- Aim of the exercise -
Only the lines below from the one containing "if contains packet.id" to the one containing "expired now random" should be repeated, both included and unchanged.

- Records -

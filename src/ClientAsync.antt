-- ===== src/ClientAsync.antt =====
-- pyrad/client_async.py: the table of pending requests of a datagram protocol, its timer, and the
-- client with its three protocols. A future is a number; what asyncio does with it, the clock and the
-- random numbers are arguments. The clock counts microseconds. Pending packets are different objects.
pub mod Transports
pub mod Replies
pub mod Budget
pub mod Invariant
pub mod Visiting
pub mod Preservation
pub mod Events
pub mod Genuine
pub mod Timing
use pyrad.Common.{
  ℕ, zero, suc, ◌+◌, ◌-◌, ◌*◌, ◌/◌, ◌%◌, Bool, true, false, not, ◌&&◌, ◌||◌, Option, none, some,
  List, [], ◌∷◌, ◌++◌, Bytes, codes, ltb, leb, ◌==◌, if◌then◌else◌,
}
use pyrad.Common.Eq.{nat_eq}
use pyrad.Common.Result.{
  Error, Result, ok, raise, stuck, attribute_error, already_present, invalid_state,
}
use pyrad.Common.Exec.{Exec, pure, fail, modify, ◌>>=◌, ◌>>◌}
use pyrad.Common.Dict.{Dict, lookup, insert, remove, contains}
use pyrad.Externals.{Externals}
use pyrad.Dictionary.Types.{Dictionary}
use pyrad.Packet.State.{Kind, plain, Packet}
use pyrad.Packet.Authenticator.{create_raw_request}
use pyrad.Packet.Create.{from_wire}
use pyrad.Packet.Reply.{verify_reply}
use pyrad.Host.{create}

-- an entry of `pending_requests`
pub record Request : Type 0 where
  pub packet : Packet
  pub creation_date : ℕ
  pub retries : ℕ
  pub future : ℕ
  pub send_date : ℕ

-- what completes a future
pub data Outcome : Type 0 where
  replied : Packet → Outcome
  timed_out : Outcome

-- `timeout_future`: the task of `_timeout_handler`, which only an exception ends
pub data Timer : Type 0 where
  no_timer running : Timer
  failed : Error → Timer

-- A DatagramProtocolClient; `is_open` says whether it has a transport. `sent` are the datagrams
-- that the transport got, `completed` the futures that have an outcome.
pub record Protocol : Type 0 where
  pub is_open : Bool
  pub retries : ℕ
  pub timeout : ℕ
  pub dict : Dictionary
  pub pending_requests : Dict ℕ Request
  pub packet_id : ℕ
  pub timer : Timer
  pub sent : List Bytes
  pub completed : Dict ℕ Outcome

-- `__init__`; `random` is what the random generator gives
unfoldable pub make_protocol : ℕ → ℕ → Dictionary → ℕ → Protocol
make_protocol retries timeout dict random = record {
  is_open = false;
  retries = retries;
  timeout = timeout;
  dict = dict;
  pending_requests = [];
  packet_id = random % 256;
  timer = no_timer;
  sent = [];
  completed = [];
}

abbrev pub day : ℕ
day = 86400000000

-- `(send_date - now).seconds`: of a timedelta that is normalized to days and a positive rest
unfoldable pub seconds_until : ℕ → ℕ → ℕ
seconds_until send_date now =
    if leb now send_date
    then ((send_date - now) % day) / 1000000
    else ((day - (now - send_date) % day) % day) / 1000000

-- `future.set_result` and `future.set_exception`
unfoldable pub complete : ℕ → Outcome → Exec Protocol (Unit {0})
complete future outcome s =
    if contains future s.completed
    then (raise invalid_state, s)
    else (ok tt, record s { completed = s.completed ++ (future, outcome) ∷ [] })

-- `del self.pending_requests[id]`, for an entry that is there
abbrev pub forget : ℕ → Protocol → Protocol
forget id s = record s { pending_requests = remove id s.pending_requests }

abbrev pub store : ℕ → Request → Protocol → Protocol
store id req s = record s { pending_requests = insert id req s.pending_requests }

-- the deletions behind the loop
pub forget_all : List ℕ → Protocol → Protocol
forget_all [] s = s
forget_all (id ∷ ids) s = forget_all ids (forget id s)

-- `create_id`
unfoldable pub create_id : Exec Protocol ℕ
create_id s = let next : ℕ = (s.packet_id + 1) % 256 in (ok next, record s { packet_id = next })

-- the end of `send_packet` and of a retry: the packet of the entry is changed, also where it raises
pub keep_packet : ℕ → Request → Result Bytes × Packet → Exec Protocol (Unit {0})
keep_packet id req (ok raw, p) s =
    let stored : Protocol = store id (record req { packet = p }) s in
    (ok tt, record stored { sent = s.sent ++ raw ∷ [] })
keep_packet id req (raise e, p) s = (raise e, store id (record req { packet = p }) s)
keep_packet id req (stuck, p) s = (stuck, store id (record req { packet = p }) s)

-- An object without attributes is false.
truth : Packet → Bool
truth p = elim p.attrs [ [] ↦ false | item ∷ items ↦ true ]

-- what `verify_reply` says, and the reply that it leaves
pub complete_if : ℕ → Request → Result Bool × Packet → Exec Protocol (Unit {0})
complete_if id req (ok true, reply) = do complete req.future (replied reply); modify (forget id)
complete_if id req (ok false, reply) = pure tt
complete_if id req (raise e, reply) = fail e
complete_if id req (stuck, reply) = λ s. (stuck, s)

-- `except Exception`: the error is logged
pub logged : Result (Unit {0}) × Protocol → Result (Unit {0}) × Protocol
logged (ok a, s) = (ok tt, s)
logged (raise e, s) = (ok tt, s)
logged (stuck, s) = (stuck, s)

fail_timer : Result ℕ × Protocol → Protocol
fail_timer (ok next, s) = s
fail_timer (raise e, s) = record s { timer = failed e }
fail_timer (stuck, s) = s

module _ (x : Externals) (draw : ℕ → ℕ) where
  -- `self.transport.sendto(packet.create_raw_request())`
  pub transmit : Bytes → ℕ → Request → Exec Protocol (Unit {0})
  unfolding keep_packet
  transmit random id req s =
      if s.is_open
      then keep_packet id req (create_raw_request x draw random req.packet) s
      else (raise attribute_error, s)

  -- `send_packet`; `random` is what `create_authenticator` returns
  unfoldable pub send_packet : ℕ → Bytes → Packet → ℕ → Exec Protocol (Unit {0})
  unfolding transmit
  send_packet now random packet future s =
      if contains packet.id s.pending_requests
      then (raise already_present, s)
      else (let req : Request = record {
        packet = packet;
        creation_date = now;
        retries = 0;
        future = future;
        send_date = now;
      } in
          transmit random packet.id req (store packet.id req s))

  -- a request whose time is over: whether it is given up, or sent again
  pub expired : ℕ → Bytes → ℕ → Request → List ℕ → Exec Protocol (List ℕ)
  unfolding transmit
  expired now random id req req2delete s =
      if req.retries == s.retries
      then (do complete req.future timed_out; pure (req2delete ++ id ∷ [])) s
      else (let again : Request = record req { send_date = now; retries = req.retries + 1 } in
          (do transmit random id again; pure req2delete) (store id again s))

  -- The loop over the items; `next` is `next_weak_up`, `randoms` what `create_authenticator` returns
  -- for each.
  unfoldable pub check_items :
      ℕ → (ℕ → Bytes) → Dict ℕ Request → ℕ → List ℕ → Exec Protocol (ℕ × List ℕ)
  unfolding expired
  check_items now randoms [] next req2delete s = (ok (next, req2delete), s)
  check_items now randoms ((id, req) ∷ items) next req2delete s =
      let secs : ℕ = seconds_until req.send_date now in
      let later : Exec Protocol (ℕ × List ℕ) =
        check_items now randoms items (if ltb secs next then secs else next) req2delete in
      if ltb s.timeout secs
      then (do
        ids ← expired now (randoms id) id req req2delete
        check_items now randoms items next ids)
          s
      else later s

  -- One round of `_timeout_handler`: it returns how long to sleep.
  unfoldable pub check_pending : ℕ → (ℕ → Bytes) → Exec Protocol ℕ
  unfolding forget_all
  check_pending now randoms s =
      (do
        (next, req2delete) ← check_items now randoms s.pending_requests s.timeout []
        modify (forget_all req2delete)
        pure next)
        s

  pub timer_by : Timer → ℕ → (ℕ → Bytes) → Protocol → Protocol
  unfolding fail_timer
  timer_by running now randoms s = fail_timer (check_pending now randoms s)
  timer_by no_timer now randoms s = s
  timer_by (failed e) now randoms s = s

  -- the round, if the task is running
  unfoldable pub timer_round : ℕ → (ℕ → Bytes) → Protocol → Protocol
  unfolding timer_by
  timer_round now randoms s = timer_by s.timer now randoms s

  matched : Bytes → Packet → Option Request → Exec Protocol (Unit {0})
  unfolding complete_if
  matched datum reply none = pure tt
  matched datum reply (some req) = complete_if reply.id req (
      verify_reply x draw req.packet (some datum)
        (record reply { dict = req.packet.dict; secret = req.packet.secret }))

  reply_for : Bytes → Result Packet → Exec Protocol (Unit {0})
  unfolding matched truth
  reply_for datum (ok reply) s =
      if truth reply then matched datum reply (lookup reply.id s.pending_requests) s else (ok tt, s)
  reply_for datum (raise e) s = (raise e, s)
  reply_for datum stuck s = (stuck, s)

  -- `datagram_received`; `id` is what the constructor draws for the new packet
  unfoldable pub datagram_received : ℕ → Bytes → Exec Protocol (Unit {0})
  unfolding reply_for logged
  datagram_received id datum s =
      logged (reply_for datum (create x draw plain [] id s.dict (from_wire datum)) s)

-- `connection_made` and `close_transport`
unfoldable pub connection_made : Protocol → Protocol
connection_made s = record s { is_open = true; timer = running }

-- Cancelling ends a running task; awaiting one that has failed raises its exception.
pub close_by : Timer → Exec Protocol (Unit {0})
close_by no_timer s = (ok tt, record s { is_open = false })
close_by running s = (ok tt, record s { is_open = false; timer = no_timer })
close_by (failed e) s = (raise e, record s { is_open = false })

unfoldable pub close_transport : Exec Protocol (Unit {0})
unfolding close_by
close_transport s = close_by s.timer s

- Output of the task -
      if contains packet.id s.pending_requests
      then (raise already_present, s)
      else (let req : Request = record {
        packet = packet;
        creation_date = now;
        retries = 0;
        future = future;
        send_date = now;
      } in
          transmit random packet.id req (store packet.id req s))

  -- a request whose time is over: whether it is given up, or sent again
  pub expired : ℕ → Bytes → ℕ → Request → List ℕ → Exec Protocol (List ℕ)
  unfolding transmit
  expired now random id req req2delete s =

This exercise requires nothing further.